Se ripercorriamo le critiche che sono state fatte all’innovazione tecnologica nell’ultimo decennio, per esempio le critiche agli smartphone o le paure nei confronti dell’automazione, scopriremo che gli argomenti sono rimasti i medesimi da un secolo all’altro: instupidimento, sottomissione alla macchina, degradazione dei rapporti umani. Prendete la frase di De Castellane, sostituite la parola “pulsanti elettrici” con la parola “smartphone”, e avrete fatto una massima che potrebbe stare in bocca a Evgeny Morozov.

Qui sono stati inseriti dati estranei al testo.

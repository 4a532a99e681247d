-- ===== src/Shards/Ledger.antt =====
-- The books of the ledger (app/shards/store.py): the invariant of the store, and one more ledger line
-- with its wallet.
use ggumirror_be.Base.{
  ℕ, ◌≡◌, refl, some, List, [], ◌∷◌, ◌++◌, arith, inl, inr, ap, ◌∙◌, if◌then◌else◌, Bool-cases,
  Option-cases,
}
use ggumirror_be.Base.Int.{ℤ, pos, ◌+ℤ◌, ◌≤ℤ◌, int_laws, +ℤ_assoc, +ℤ_zero}
use ggumirror_be.Base.Text.{Text, text_eq, text_eqb_iff, ◌==◌}
use ggumirror_be.Base.Dict.{get, insert, get-insert}
use ggumirror_be.Shards.Models.{ShardWallet, empty_wallet, ShardLedgerEntry}
use ggumirror_be.Shards.Store.{ShardStore, wallet}

-- A wallet under its owner's name: nothing is negative, and its totals explain the balance.
pub record WalletOk (u : Text) (w : ShardWallet) : Type 0 where
  pub owner : w.user_id ≡ u
  pub nonneg : pos 0 ≤ℤ w.balance
  pub earned : pos 0 ≤ℤ w.lifetime_earned
  pub spent : pos 0 ≤ℤ w.lifetime_spent
  pub refunded : pos 0 ≤ℤ w.lifetime_refunded
  pub returned : pos 0 ≤ℤ w.lifetime_refund_reversed
  pub explained :
      w.balance +ℤ w.lifetime_spent +ℤ w.lifetime_refunded
      ≡ w.lifetime_earned +ℤ w.lifetime_refund_reversed

-- The sum of what the ledger says of one user.
unfoldable pub ledger_sum : Text → List ShardLedgerEntry → ℤ
ledger_sum u [] = pos 0
ledger_sum u (e ∷ es) = (if u == e.user_id then e.delta else pos 0) +ℤ ledger_sum u es

-- `shards.wallet(u).balance`, which does not depend on the clock.
unfoldable pub balance_of : ShardStore → Text → ℤ
balance_of s u = (wallet s 0 u).balance

pub record IsSound (s : ShardStore) : Type 0 where
  pub wallets_ok : (u : Text) (w : ShardWallet) → get u s.wallets ≡ some w → WalletOk u w
  pub ledger : (u : Text) → balance_of s u ≡ ledger_sum u s.entries

pub wallet-balance :
    (s : ShardStore) (now : ℕ) (u : Text) → (wallet s now u).balance ≡ balance_of s u
unfolding balance_of wallet empty_wallet
wallet-balance s now u = ground arith

pub empty_wallet-WalletOk : (u : Text) (now : ℕ) → WalletOk u (empty_wallet u now)
unfolding empty_wallet
empty_wallet-WalletOk u now = record {
  owner = refl;
  nonneg = omega arith;
  earned = omega arith;
  spent = omega arith;
  refunded = omega arith;
  returned = omega arith;
  explained = omega int_laws;
}

-- A missing wallet reads as an empty one, so every wallet that is read is in order.
pub wallet-WalletOk :
    (s : ShardStore) (now : ℕ) (u : Text) → IsSound s → WalletOk u (wallet s now u)
unfolding wallet
wallet-WalletOk s now u h = elim (Option-cases (get u s.wallets)) [
  | inl e ↦ rw e (empty_wallet-WalletOk u now)
  | inr (w, e) ↦ rw e (h.wallets_ok u w e)
]

pub ledger_sum-append :
    (u : Text) (es : List ShardLedgerEntry) (e : ShardLedgerEntry)
    → ledger_sum u (es ++ e ∷ []) ≡ ledger_sum u es +ℤ (if u == e.user_id then e.delta else pos 0)
unfolding ledger_sum
ledger_sum-append u [] e = omega int_laws
ledger_sum-append u (x ∷ es) e = rw (ledger_sum-append u es e, +ℤ_assoc)

pub balance_of-insert :
    (s s' : ShardStore) (u v : Text) (w : ShardWallet)
    → s'.wallets ≡ insert u w s.wallets
    → balance_of s' v ≡ (if v == u then w.balance else balance_of s v)
unfolding balance_of wallet empty_wallet
balance_of-insert s s' u v w e = ground (arith, get-insert v u w s.wallets)

-- One more ledger line of a user, with the wallet that it makes.
pub record Posted (s s' : ShardStore) (u : Text) (w : ShardWallet) (e : ShardLedgerEntry)
    : Type 0 where
  pub wallets : s'.wallets ≡ insert u w s.wallets
  pub entries : s'.entries ≡ s.entries ++ e ∷ []
  pub user : e.user_id ≡ u
  pub moved : w.balance ≡ balance_of s u +ℤ e.delta
  pub in_order : WalletOk u w

module _ (s s' : ShardStore) (u : Text) (w : ShardWallet) (e : ShardLedgerEntry)
    (p : Posted s s' u w e) (h : IsSound s) where
  posted-get : (v : Text) → get v s'.wallets ≡ (if v == u then some w else get v s.wallets)
  posted-get v = rw p.wallets (get-insert v u w s.wallets)

  posted-wallets : (v : Text) (x : ShardWallet) → get v s'.wallets ≡ some x → WalletOk v x
  posted-wallets v x q = elim (Bool-cases (v == u)) [
    | inl same ↦
        let here : w ≡ x = ground (arith, posted-get v) in
        let v≡u : v ≡ u = (text_eqb_iff v u).0 same in rw (← here, v≡u) p.in_order
    | inr other ↦ h.wallets_ok v x (ground (arith, posted-get v))
  ]

  posted-sum :
      (v : Text)
      → ledger_sum v s'.entries
        ≡ ledger_sum v s.entries +ℤ (if v == e.user_id then e.delta else pos 0)
  posted-sum v = ap (ledger_sum v) p.entries ∙ ledger_sum-append v s.entries e

  posted-ledger : (v : Text) → balance_of s' v ≡ ledger_sum v s'.entries
  posted-ledger v = ground (
    arith,
    posted-sum v,
    balance_of-insert s s' u v w p.wallets,
    +ℤ_zero (ledger_sum v s.entries),
    h.ledger v,
    p.moved,
    p.user,
    text_eqb_iff v u,
  )

  -- It keeps the books: the ledger still sums to every balance.
  pub Posted-IsSound : IsSound s'
  Posted-IsSound = record { wallets_ok = posted-wallets; ledger = posted-ledger }
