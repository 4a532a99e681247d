-- ===== src/Shards/ApplyLaws.antt =====
-- The behaviour of `InMemoryShardStore.apply` (app/shards/store.py) on every branch.
use ggumirror_be.Base.{
  ℕ, ◌+◌, ◌≤◌, ◌≡◌, refl, ◌≢◌, ◌⊎◌, inl, inr, true, false, none, some, arith, inl, inr, ap, ap₂,
  ◌∙◌,
}
use ggumirror_be.Base.Int.{ℤ, pos, ◌+ℤ◌, ◌≤ℤ◌, int_laws, parts_of_eq}
use ggumirror_be.Base.Text.{Text, text_eq, pair_eq, text_eqb_iff}
use ggumirror_be.Base.Dict.{get-insert, get-insert_self}
use ggumirror_be.Base.Exec.{Error, ok, err, is_ok, insufficient_shards}
use ggumirror_be.Shards.Models.{ShardWallet, ShardLedgerEntry, PeriodQuota}
use ggumirror_be.Shards.Store.{
  ShardStore, wallet, Change, apply, apply_new, write_change, changed_wallet, changed_entry,
  new_entry, moved_wallet, already_applied, claim_conflict, quota_full, quota_used,
}
use ggumirror_be.Shards.Ledger.{
  WalletOk, IsSound, wallet-balance, wallet-WalletOk, Posted, Posted-IsSound,
}

-- A call leaves the store alone, or it writes one change that does not overdraw.
pub apply-state :
    (c : Change) (fresh : Text) (now : ℕ) (s : ShardStore)
    → ((apply c fresh now s).1 ≡ s)
      ⊎ (((apply c fresh now s).1 ≡ write_change s c fresh now)
          × (pos 0 ≤ℤ (wallet s now c.user_id).balance +ℤ c.delta)
          × (already_applied s c.key ≡ none)
          × (quota_full s c.quota ≡ false))
unfolding apply apply_new
apply-state c fresh now s = ground arith

pub moved-WalletOk :
    (u : Text) (w : ShardWallet) (delta : ℤ) (now : ℕ)
    → WalletOk u w
    → pos 0 ≤ℤ w.balance +ℤ delta
    → WalletOk u (moved_wallet w u delta now)
unfolding moved_wallet
moved-WalletOk u w delta now h p = record {
  owner = refl;
  nonneg = p;
  earned = omega (int_laws, h.earned);
  spent = omega (int_laws, h.spent);
  refunded = h.refunded;
  returned = h.returned;
  explained = omega (int_laws, parts_of_eq _ _ h.explained);
}

write_change-Posted :
    (c : Change) (fresh : Text) (now : ℕ) (s : ShardStore)
    → IsSound s
    → pos 0 ≤ℤ (wallet s now c.user_id).balance +ℤ c.delta
    → Posted s
        (write_change s c fresh now)
        c.user_id
        (changed_wallet s c now)
        (changed_entry s c fresh now)
unfolding write_change changed_wallet changed_entry new_entry moved_wallet
write_change-Posted c fresh now s h p = record {
  wallets = refl;
  entries = refl;
  user = refl;
  moved = ap (λ (b : ℤ). b +ℤ c.delta) (wallet-balance s now c.user_id);
  in_order =
      moved-WalletOk c.user_id (wallet s now c.user_id) c.delta now
        (wallet-WalletOk s now c.user_id h) p;
}

-- Where the books balance, they balance after a call of `apply`, whatever it answers: no balance is
-- negative, each wallet's totals explain its balance, and each balance is the sum of that user's
-- ledger lines.
pub apply-IsSound :
    (c : Change) (fresh : Text) (now : ℕ) (s : ShardStore)
    → IsSound s
    → IsSound (apply c fresh now s).1
apply-IsSound c fresh now s h = elim (apply-state c fresh now s) [
  | inl same ↦ rw same h
  | inr (written, fits, _, _) ↦
      rw written (Posted-IsSound s _ c.user_id _ _ (write_change-Posted c fresh now s h fits) h)
]

-- A call that raises leaves the store as it was.
pub apply_atomic :
    (c : Change) (fresh : Text) (now : ℕ) (s : ShardStore) (e : Error)
    → (apply c fresh now s).0 ≡ err e
    → (apply c fresh now s).1 ≡ s
unfolding apply apply_new
apply_atomic c fresh now s e h = ground arith

pub apply_replayed :
    (d : Change) (fresh : Text) (now : ℕ) (s : ShardStore) (e : ShardLedgerEntry)
    → d.claim ≡ none
    → already_applied s d.key ≡ some e
    → apply d fresh now s ≡ (ok (wallet s now e.user_id, e, false), s)
unfolding apply claim_conflict
apply_replayed d fresh now s e p q = ground arith

apply_written :
    (c : Change) (fresh : Text) (now : ℕ) (s : ShardStore)
    → already_applied s c.key ≡ none
    → is_ok (apply c fresh now s).0 ≡ true
    → (apply c fresh now s).1 ≡ write_change s c fresh now
unfolding apply apply_new
apply_written c fresh now s p q = ground arith

pub write_change-already :
    (c : Change) (fresh key : Text) (now : ℕ) (s : ShardStore)
    → c.key ≡ some key
    → already_applied (write_change s c fresh now) (some key) ≡ some (changed_entry s c fresh now)
unfolding write_change already_applied
write_change-already c fresh key now s p =
    ground (arith, get-insert_self key (changed_entry s c fresh now) s.applied)

-- After a call that newly wrote under a key, any later call under that key that carries no
-- exclusive claim applies nothing and changes nothing, whatever amount, reason or quota it carries:
-- it answers the first call's entry.
pub apply_once :
    (c d : Change) (key fresh fresh' : Text) (now later : ℕ) (s : ShardStore)
    → c.key ≡ some key
    → d.key ≡ some key
    → d.claim ≡ none
    → already_applied s (some key) ≡ none
    → is_ok (apply c fresh now s).0 ≡ true
    → let s' = (apply c fresh now s).1 in
      apply d fresh' later s'
      ≡ (ok (wallet s' later c.user_id, changed_entry s c fresh now, false), s')
apply_once c d key fresh fresh' now later s p q r new done =
    let s' = (apply c fresh now s).1 in
    let written : s' ≡ write_change s c fresh now =
      apply_written c fresh now s (ap (already_applied s) p ∙ new) done in
    let found : already_applied s' d.key ≡ some (changed_entry s c fresh now) =
      ap₂ already_applied written q ∙ write_change-already c fresh key now s p in
    apply_replayed d fresh' later s' (changed_entry s c fresh now) r found
    ∙ unfold changed_entry new_entry in refl

-- One user's call leaves every other user's wallet as it was, at whatever time it is read.
pub apply_others :
    (c : Change) (fresh : Text) (now later : ℕ) (s : ShardStore) (v : Text)
    → v ≢ c.user_id
    → wallet (apply c fresh now s).1 later v ≡ wallet s later v
unfolding wallet write_change
apply_others c fresh now later s v ne = ground (
  arith,
  apply-state c fresh now s,
  get-insert v c.user_id (changed_wallet s c now) s.wallets,
  text_eqb_iff v c.user_id,
)

-- A call never brings a period's counter past the limit that it carries, where the counter was not
-- past it before.
pub apply-quota-le :
    (c : Change) (fresh : Text) (now : ℕ) (s : ShardStore) (q : PeriodQuota)
    → c.quota ≡ some q
    → quota_used s q.key ≤ q.limit
    → quota_used (apply c fresh now s).1 q.key ≤ q.limit
unfolding quota_full write_change quota_used
apply-quota-le c fresh now s q e h =
    ground
      (arith, apply-state c fresh now s, get-insert_self q.key (quota_used s q.key + 1) s.quotas)

-- A change with no quota and no claim that is new and does not overdraw is written.
pub apply_fresh :
    (c : Change) (fresh : Text) (now : ℕ) (s : ShardStore)
    → c.quota ≡ none
    → c.claim ≡ none
    → already_applied s c.key ≡ none
    → pos 0 ≤ℤ (wallet s now c.user_id).balance +ℤ c.delta
    → apply c fresh now s
      ≡ (ok (changed_wallet s c now, changed_entry s c fresh now, true), write_change s c fresh now)
unfolding apply apply_new claim_conflict quota_full
apply_fresh c fresh now s q p new fits = ground arith

-- A change that would overdraw raises, if nothing else stops it.
pub apply_overdraft :
    (c : Change) (fresh : Text) (now : ℕ) (s : ShardStore)
    → c.quota ≡ none
    → c.claim ≡ none
    → already_applied s c.key ≡ none
    → ¬ (pos 0 ≤ℤ (wallet s now c.user_id).balance +ℤ c.delta)
    → apply c fresh now s ≡ (err insufficient_shards, s)
unfolding apply apply_new claim_conflict quota_full
apply_overdraft c fresh now s q p new short = ground arith
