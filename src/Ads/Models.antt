-- ===== src/Ads/Models.antt =====
-- app/ads/models.py and app/ads/store.py: the callback, what is answered, and the short-lived
-- context that stands for a user in it. A time is a number of seconds.
use ggumirror_be.Base.{ℕ, ◌+◌, ◌*◌, Bool, true, false, ltb, Option}
use ggumirror_be.Base.Int.{ℤ}
use ggumirror_be.Base.Text.{Text, text_eq}
use ggumirror_be.Base.Dict.{Dict, get, insert}
use ggumirror_be.Base.Exec.{
  RewardedAdReason, keys_unavailable, ad_not_configured, unexpected_ad_unit, unexpected_reward,
  missing_context, unknown_context, expired_context,
}

abbrev pub reward_per_ad : ℕ
reward_per_ad = 1

abbrev pub daily_reward_limit : ℕ
daily_reward_limit = 5

-- `RewardedAdError.is_upstream_failure`
unfoldable pub is_upstream_failure : RewardedAdReason → Bool
is_upstream_failure keys_unavailable = true
is_upstream_failure _ = false

-- `RewardedAdError.is_permanent_non_reward`, by `PERMANENT_NON_REWARD`
unfoldable pub is_permanent_non_reward : RewardedAdReason → Bool
is_permanent_non_reward ad_not_configured = true
is_permanent_non_reward unexpected_ad_unit = true
is_permanent_non_reward unexpected_reward = true
is_permanent_non_reward missing_context = true
is_permanent_non_reward unknown_context = true
is_permanent_non_reward expired_context = true
is_permanent_non_reward _ = false

pub record VerifiedRewardCallback : Type 0 where
  pub transaction_id : Text
  pub ad_unit : Text
  pub reward_amount : ℤ
  pub reward_item : Text
  pub timestamp : ℕ
  pub custom_data : Text

pub record RewardOutcome : Type 0 where
  pub granted : Bool
  pub duplicate : Bool
  pub limit_reached : Bool

abbrev pub context_lifetime : ℕ
context_lifetime = 6 * 3600

pub record RewardContext : Type 0 where
  pub token_hash : Text
  pub user_id : Text
  pub expires_at : ℕ
  pub created_at : ℕ

unfoldable pub is_valid : RewardContext → ℕ → Bool
is_valid c now = ltb now c.expires_at

unfoldable pub new_context : (Text → Text) → Text → Text → ℕ → RewardContext
new_context sha256 u token now = record {
  token_hash = sha256 token;
  user_id = u;
  expires_at = now + context_lifetime;
  created_at = now;
}

-- `InMemoryRewardContextStore`
abbrev pub Contexts : Type 0
Contexts = Dict Text RewardContext

unfoldable pub save : RewardContext → Contexts → Contexts
save c d = insert c.token_hash c d

unfoldable pub context : Text → Contexts → Option RewardContext
context hash d = get hash d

Le preoccupazioni sulla disintermediazione dei pulsanti furono infondate allora, a meno che non si voglia considerare la Belle Époque come un periodo di rincretinimento tecnologico, e possiamo soltanto sperare che lo siano anche oggi.
Rimane, invece, l’ossessione per i pulsanti, che continuano a essere considerati come un male da superare anche nell’high tech di questi anni. Se un tempo erano visti come abilitatori di comodità eccessive, oggi sono un ostacolo. Nella fantascienza, la plancia di comando dell’astronave fitta fitta di pulsanti di qualche decennio fa è stata sostituita dai comandi vocali. E pensiamo allo smartphone: da apparecchi pieni di pulsanti su tutti i lati sono diventati tavolette di vetro e metallo quasi senza sbavature. Steve Jobs, si sa, per il suo iPhone voleva meno pulsanti possibile, nemmeno quello grosso centrale gli piaceva – ci sono voluti diversi anni per eliminarlo con l’iPhone X, molto dopo la morte prematura di Jobs. E giusto ieri, un’azienda cinese ha presentato un prototipo di smartphone senza pulsanti. Nemmeno quello di accensione.